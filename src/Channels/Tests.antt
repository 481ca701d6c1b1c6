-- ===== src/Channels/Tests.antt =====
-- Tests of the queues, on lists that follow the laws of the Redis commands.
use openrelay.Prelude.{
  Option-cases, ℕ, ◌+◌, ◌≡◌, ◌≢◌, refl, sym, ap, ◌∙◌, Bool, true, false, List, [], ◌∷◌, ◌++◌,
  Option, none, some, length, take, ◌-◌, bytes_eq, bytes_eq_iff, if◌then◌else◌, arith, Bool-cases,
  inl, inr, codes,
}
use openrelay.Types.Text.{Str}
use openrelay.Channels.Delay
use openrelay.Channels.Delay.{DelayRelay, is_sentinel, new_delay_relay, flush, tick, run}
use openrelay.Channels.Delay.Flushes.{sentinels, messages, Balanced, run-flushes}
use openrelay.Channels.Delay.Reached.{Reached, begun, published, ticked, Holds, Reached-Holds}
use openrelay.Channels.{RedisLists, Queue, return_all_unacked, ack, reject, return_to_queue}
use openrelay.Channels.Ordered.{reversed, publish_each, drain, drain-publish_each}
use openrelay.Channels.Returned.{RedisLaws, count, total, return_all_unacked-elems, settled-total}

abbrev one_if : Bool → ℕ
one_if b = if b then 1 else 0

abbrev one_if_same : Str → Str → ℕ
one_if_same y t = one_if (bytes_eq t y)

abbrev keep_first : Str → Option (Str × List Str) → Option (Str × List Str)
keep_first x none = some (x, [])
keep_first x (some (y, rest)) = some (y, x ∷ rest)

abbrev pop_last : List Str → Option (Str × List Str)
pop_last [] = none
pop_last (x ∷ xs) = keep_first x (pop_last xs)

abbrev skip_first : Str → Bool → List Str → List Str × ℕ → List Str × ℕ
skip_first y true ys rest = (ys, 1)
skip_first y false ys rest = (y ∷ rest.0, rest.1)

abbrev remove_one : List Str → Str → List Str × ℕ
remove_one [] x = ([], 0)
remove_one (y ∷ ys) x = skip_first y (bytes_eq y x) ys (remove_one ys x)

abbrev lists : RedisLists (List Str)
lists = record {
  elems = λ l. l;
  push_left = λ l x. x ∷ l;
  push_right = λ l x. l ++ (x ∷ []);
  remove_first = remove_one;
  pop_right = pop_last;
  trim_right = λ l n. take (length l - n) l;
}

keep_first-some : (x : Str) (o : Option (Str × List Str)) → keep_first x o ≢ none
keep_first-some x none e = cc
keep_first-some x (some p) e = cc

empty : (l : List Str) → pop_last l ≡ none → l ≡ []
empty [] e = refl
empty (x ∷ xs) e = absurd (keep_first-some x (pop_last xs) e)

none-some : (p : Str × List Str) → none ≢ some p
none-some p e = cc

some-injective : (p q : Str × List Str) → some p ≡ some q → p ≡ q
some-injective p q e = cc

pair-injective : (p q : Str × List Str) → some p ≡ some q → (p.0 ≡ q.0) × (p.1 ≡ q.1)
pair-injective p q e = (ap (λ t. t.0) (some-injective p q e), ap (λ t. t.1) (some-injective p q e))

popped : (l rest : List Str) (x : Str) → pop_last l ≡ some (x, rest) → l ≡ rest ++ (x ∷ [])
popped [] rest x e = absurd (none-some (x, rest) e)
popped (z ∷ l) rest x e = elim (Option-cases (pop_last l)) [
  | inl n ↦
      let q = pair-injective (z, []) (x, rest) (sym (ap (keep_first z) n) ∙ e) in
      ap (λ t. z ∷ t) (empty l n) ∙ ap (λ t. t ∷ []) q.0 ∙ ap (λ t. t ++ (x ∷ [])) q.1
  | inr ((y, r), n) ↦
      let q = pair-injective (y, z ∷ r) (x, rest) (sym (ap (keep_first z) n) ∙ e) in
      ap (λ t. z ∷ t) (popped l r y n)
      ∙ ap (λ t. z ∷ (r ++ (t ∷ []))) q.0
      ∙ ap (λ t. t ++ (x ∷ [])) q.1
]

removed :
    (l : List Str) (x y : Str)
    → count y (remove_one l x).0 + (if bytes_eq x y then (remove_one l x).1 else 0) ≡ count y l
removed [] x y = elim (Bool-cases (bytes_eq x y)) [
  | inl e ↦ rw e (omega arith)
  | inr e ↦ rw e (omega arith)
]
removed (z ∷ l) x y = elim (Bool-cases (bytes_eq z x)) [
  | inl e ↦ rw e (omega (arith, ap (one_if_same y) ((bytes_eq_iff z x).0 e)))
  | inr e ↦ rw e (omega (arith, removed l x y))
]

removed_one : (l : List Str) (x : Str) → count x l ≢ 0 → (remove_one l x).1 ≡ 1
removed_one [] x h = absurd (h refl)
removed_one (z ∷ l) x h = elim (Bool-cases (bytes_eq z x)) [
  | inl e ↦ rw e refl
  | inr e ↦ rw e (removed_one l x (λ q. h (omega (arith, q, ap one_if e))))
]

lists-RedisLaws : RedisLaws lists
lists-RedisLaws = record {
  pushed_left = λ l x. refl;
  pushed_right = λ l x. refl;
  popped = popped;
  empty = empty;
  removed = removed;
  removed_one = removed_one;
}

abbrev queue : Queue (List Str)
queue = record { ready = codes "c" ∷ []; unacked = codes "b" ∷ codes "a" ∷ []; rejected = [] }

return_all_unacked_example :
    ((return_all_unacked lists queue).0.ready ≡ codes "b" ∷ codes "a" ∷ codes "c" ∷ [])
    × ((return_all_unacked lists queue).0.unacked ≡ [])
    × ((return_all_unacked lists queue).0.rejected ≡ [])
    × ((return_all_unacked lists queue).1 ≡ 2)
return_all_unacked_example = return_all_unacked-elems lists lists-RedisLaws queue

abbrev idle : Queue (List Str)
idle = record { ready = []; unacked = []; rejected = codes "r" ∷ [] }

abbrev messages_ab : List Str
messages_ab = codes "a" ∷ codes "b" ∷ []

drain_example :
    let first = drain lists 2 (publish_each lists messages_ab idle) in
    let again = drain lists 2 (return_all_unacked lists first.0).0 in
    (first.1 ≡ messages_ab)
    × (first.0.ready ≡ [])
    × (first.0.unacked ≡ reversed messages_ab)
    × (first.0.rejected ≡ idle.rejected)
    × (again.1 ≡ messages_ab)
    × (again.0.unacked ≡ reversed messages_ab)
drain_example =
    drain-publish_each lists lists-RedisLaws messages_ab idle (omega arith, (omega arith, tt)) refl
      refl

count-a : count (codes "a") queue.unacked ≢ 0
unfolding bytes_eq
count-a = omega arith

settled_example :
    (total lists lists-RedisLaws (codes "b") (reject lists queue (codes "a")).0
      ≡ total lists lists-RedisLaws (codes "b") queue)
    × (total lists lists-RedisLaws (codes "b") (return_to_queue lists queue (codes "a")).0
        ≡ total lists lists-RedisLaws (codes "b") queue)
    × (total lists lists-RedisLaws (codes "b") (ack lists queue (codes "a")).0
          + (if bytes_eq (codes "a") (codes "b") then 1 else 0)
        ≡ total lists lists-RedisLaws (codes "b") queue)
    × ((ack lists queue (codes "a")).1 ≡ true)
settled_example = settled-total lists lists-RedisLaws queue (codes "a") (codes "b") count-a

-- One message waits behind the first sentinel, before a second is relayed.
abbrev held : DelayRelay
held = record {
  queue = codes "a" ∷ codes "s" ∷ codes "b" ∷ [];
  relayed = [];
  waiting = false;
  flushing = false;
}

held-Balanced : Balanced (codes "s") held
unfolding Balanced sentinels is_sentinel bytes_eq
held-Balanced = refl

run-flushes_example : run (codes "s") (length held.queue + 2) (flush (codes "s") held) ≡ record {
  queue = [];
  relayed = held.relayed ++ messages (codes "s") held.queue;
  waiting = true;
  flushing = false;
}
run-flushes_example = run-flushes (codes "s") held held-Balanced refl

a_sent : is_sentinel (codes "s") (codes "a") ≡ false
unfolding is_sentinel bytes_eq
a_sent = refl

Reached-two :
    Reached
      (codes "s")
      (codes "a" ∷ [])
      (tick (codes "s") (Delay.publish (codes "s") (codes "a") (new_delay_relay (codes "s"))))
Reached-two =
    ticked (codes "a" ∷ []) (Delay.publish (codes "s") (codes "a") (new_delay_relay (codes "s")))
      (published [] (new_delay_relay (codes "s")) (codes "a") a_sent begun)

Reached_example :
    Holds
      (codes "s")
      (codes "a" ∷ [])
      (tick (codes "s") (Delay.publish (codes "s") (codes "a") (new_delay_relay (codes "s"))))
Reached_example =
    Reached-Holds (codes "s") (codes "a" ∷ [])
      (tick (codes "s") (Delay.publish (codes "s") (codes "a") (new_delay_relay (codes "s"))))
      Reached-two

* * *

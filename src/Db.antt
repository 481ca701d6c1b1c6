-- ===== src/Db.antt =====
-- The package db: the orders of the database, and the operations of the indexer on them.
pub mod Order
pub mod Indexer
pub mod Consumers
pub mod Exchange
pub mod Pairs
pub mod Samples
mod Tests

...

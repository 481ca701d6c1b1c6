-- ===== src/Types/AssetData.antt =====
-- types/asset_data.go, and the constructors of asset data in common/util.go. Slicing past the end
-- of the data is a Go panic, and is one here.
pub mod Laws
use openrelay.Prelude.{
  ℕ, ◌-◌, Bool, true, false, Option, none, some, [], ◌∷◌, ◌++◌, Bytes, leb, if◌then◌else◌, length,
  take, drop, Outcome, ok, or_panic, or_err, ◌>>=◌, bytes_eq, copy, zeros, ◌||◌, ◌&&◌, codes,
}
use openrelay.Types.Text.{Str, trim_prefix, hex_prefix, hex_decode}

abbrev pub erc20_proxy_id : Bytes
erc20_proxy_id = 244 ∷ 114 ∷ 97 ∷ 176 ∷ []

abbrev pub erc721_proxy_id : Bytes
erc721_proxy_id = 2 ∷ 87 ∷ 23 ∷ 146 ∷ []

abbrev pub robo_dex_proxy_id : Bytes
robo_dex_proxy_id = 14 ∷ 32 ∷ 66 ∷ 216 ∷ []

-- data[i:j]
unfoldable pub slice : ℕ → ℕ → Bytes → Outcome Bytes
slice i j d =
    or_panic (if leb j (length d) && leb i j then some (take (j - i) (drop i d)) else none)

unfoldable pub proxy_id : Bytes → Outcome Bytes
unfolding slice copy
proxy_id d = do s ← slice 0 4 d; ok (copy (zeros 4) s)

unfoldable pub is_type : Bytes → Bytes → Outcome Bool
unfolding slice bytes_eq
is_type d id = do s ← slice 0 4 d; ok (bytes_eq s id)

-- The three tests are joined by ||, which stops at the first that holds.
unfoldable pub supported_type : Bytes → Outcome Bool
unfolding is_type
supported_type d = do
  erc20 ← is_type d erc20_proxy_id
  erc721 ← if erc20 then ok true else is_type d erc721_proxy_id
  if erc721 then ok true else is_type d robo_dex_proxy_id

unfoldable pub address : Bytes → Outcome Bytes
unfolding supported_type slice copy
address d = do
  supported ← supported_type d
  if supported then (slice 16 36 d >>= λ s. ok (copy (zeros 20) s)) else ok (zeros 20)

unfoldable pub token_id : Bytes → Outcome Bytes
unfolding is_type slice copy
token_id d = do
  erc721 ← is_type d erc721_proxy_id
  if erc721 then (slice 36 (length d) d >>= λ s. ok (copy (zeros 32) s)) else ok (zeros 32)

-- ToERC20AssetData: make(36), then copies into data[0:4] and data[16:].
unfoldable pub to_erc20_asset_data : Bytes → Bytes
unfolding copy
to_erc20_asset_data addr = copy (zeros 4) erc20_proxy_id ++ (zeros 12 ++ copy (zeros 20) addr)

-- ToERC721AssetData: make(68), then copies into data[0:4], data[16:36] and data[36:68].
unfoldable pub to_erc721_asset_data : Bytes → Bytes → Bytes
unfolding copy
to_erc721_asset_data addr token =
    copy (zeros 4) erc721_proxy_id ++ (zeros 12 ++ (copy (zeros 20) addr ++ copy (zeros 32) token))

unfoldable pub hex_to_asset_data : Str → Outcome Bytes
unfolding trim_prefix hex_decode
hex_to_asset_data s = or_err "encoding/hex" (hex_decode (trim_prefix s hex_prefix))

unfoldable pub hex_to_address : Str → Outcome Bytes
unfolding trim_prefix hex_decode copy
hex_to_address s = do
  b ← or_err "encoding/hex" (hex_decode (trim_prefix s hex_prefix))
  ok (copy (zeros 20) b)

Task objective:
For the records above, count the lines that contain the word "filename" and give only that number.

Task result:
2